OstFS stores everything in a tree structure which starts from the header and then descends into clones, the root directory and its children.

Something that ls displays as:

drwxrwxrwx   1 PWY  staff    0 Jan  1  1970 .
drwxr-xr-x  15 PWY  staff  480 Mar  8 20:49 ..
-rw-r--r--   1 PWY  staff   12 Jan  1  1970 one.txt
-rw-r--r--   1 PWY  staff   12 Jan  1  1970 two.txt

... would internally be stored as a couple of objects forming a tree:

       / ------ \
       | header |
       \ ------ /
            |
            |
        has child
            |
            |
            v
        / ----- \                / ---------- \
        | entry | -- has name -> | payload(/) |  # root note starts at `/`
        \ ----- /                \ ---------- /  # (just a convention)
            |
            |
        has child
            |
            |
            v
        / ----- \                / ---------------- \
        |       | -- has name -> | payload(one.txt) |
        |       |                \ ---------------- /
        | entry |
        |       |                / -------------------- \
        |       | -- has body -> | payload(Hello, One!) |
        \ ----- /                \ -------------------- /
            |
            |
       has sibling
            |
            |
            v
{ similar stuff for two.txt }

There are three basic types of objects:

  • header (represents the entrypoint - links to the root entry, aka root directory),
  • entry (represents either a file or a directory),
  • payload (represents a string (e.g. entry name) or binary data (e.g. file content)).

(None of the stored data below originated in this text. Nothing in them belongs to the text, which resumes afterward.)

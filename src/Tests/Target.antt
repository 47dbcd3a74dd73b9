-- ===== src/Tests/Target.antt =====
-- The choice of the plane and its rotation, on a CRTC with an overlay and a primary plane.
use libdrmtap.Prelude.{
  ℕ, ◌≡◌, ◌≢◌, ◌<◌, ◌==◌, arith, refl, sym, subst, none, some, false, if◌then◌else◌, length, List,
  Option, [], ◌∷◌,
}
use libdrmtap.Errno.{Ret, ok, err, enodev}
use libdrmtap.Cursor.{Properties}
use libdrmtap.Display.Refresh.{Mode}
use libdrmtap.Grab.Target.{
  PlaneState, Kernel, first_active, is_primary, search_primary, find_primary_plane,
}
use libdrmtap.Grab.Target.Choice.{AreNamed, preferred, id_of, fb_of}
use libdrmtap.Grab.Target.Rotation.{Context, Property, remembered, plane_of, plane_rotation}
use libdrmtap.Grab.Target.Remembered.{
  Table, AreUnique, IsCoherent, Answers, rotation_id, plane_rotation_lem,
}
use libdrmtap.Server.{Planes, enter_primary, probe_planes, search_planes}
use libdrmtap.Server.SamePlane.{start, search_planes_same}

abbrev planes : List (Option PlaneState)
planes =
    none
    ∷ some (record { plane_id = 40; crtc_id = 9; fb_id = 70 })
    ∷ some (record { plane_id = 41; crtc_id = 9; fb_id = 71 })
    ∷ []

-- Plane 41 is primary.
abbrev types : ℕ → Option Properties
types id = some (none ∷ some ("type", if id == 41 then 1 else 0) ∷ [])

abbrev full_hd : Mode
full_hd = record {
  clock = 148500;
  htotal = 2200;
  vtotal = 1125;
  interlace = false;
  dblscan = false;
  vscan = 1;
}

abbrev card : Kernel
card = record {
  planes = some planes;
  crtcs = some (none ∷ some (record { crtc_id = 9; mode = some full_hd }) ∷ []);
  get_crtc = λ id. err enodev;
  props = types;
  connectors = none;
  blobs = λ id. none;
}

planes-AreNamed : AreNamed planes
planes-AreNamed = (λ e. ground (arith, e), (λ e. ground (arith, e), tt))

found_primary : find_primary_plane card 0 ≡ (41, 9)
unfolding find_primary_plane first_active search_primary is_primary
found_primary = refl

abbrev helper_planes : Planes
helper_planes = record { planes = some planes; ids = some (39 ∷ 40 ∷ 41 ∷ []); props = types }

probed_one : probe_planes types (39 ∷ 40 ∷ 41 ∷ []) [] ≡ 41 ∷ []
unfolding probe_planes enter_primary
probed_one = refl

some_room : length (probe_planes types (39 ∷ 40 ∷ 41 ∷ []) []) < 32
some_room = subst (λ l. length l < 32) (sym probed_one) (omega arith)

abbrev crtc_nine : ℕ
crtc_nine = 9

nine_named : crtc_nine ≢ 0
nine_named e = ground (arith, e)

search_planes_same_example :
    (search_primary 9 types planes 0 ≡ id_of (preferred 9 types planes))
    × ((search_planes 9 helper_planes planes (start none)).fb_id ≡ fb_of (preferred 9 types planes))
search_planes_same_example =
    search_planes_same helper_planes (39 ∷ 40 ∷ 41 ∷ []) planes none 9 nine_named planes-AreNamed
      (refl, (refl, tt)) some_room refl

-- A plane that rotates, whose property was found before.
abbrev rotating : Table
rotating = (1, "type") ∷ (8, "rotation") ∷ []

abbrev rotated : List Property
rotated =
    record { id = 1; name = ok "type"; value = 1 }
    ∷ record { id = 8; name = ok "rotation"; value = 4 }
    ∷ []

abbrev seen : Context
seen = record {
  crtc_id = 9;
  grab_plane_id = 41;
  rot_prop_plane_id = 41;
  rot_prop_id = 8;
  rot_prop_state = remembered;
}

abbrev has_rotating : ℕ → Table
has_rotating plane = rotating

rotating-AreUnique : AreUnique rotating
rotating-AreUnique = ((λ e. ground (arith, e), tt), (tt, tt))

seen-IsCoherent : IsCoherent has_rotating seen
unfolding rotation_id
seen-IsCoherent = refl

plane_there : (plane_of card seen).0 ≢ 0
plane_there e = ground (arith, e)

abbrev reads : ℕ → Ret (List Property)
reads plane = ok rotated

plane_rotation_lem_example : Answers has_rotating rotated (plane_rotation false card reads seen)
plane_rotation_lem_example =
    plane_rotation_lem has_rotating card reads rotated seen rotating-AreUnique refl
      (refl, refl, (refl, refl, tt)) plane_there seen-IsCoherent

Each object is assigned a unique identifier (starting from zero and going up) and each object links to other objects using their identifiers as well - this can be observed through the ./ofs inspect command:

[0] = Header(HeaderObj { root: ObjectId(29), clone: None, dead: None })
[1] = Entry(EntryObj { name: ObjectId(2), body: None, next: None, kind: Directory, size: 0, mode: 511, uid: 502, gid: 20 })
[2] = Payload(Payload { size: 1, next: None, data: "/" })
[3] = Payload(Payload { size: 7, next: None, data: "one.txt" })
/* ... */

Now, all this keeping track of the objects, their edges and so on is a huge amount of work, so it's reasonable to ask: what do we gain?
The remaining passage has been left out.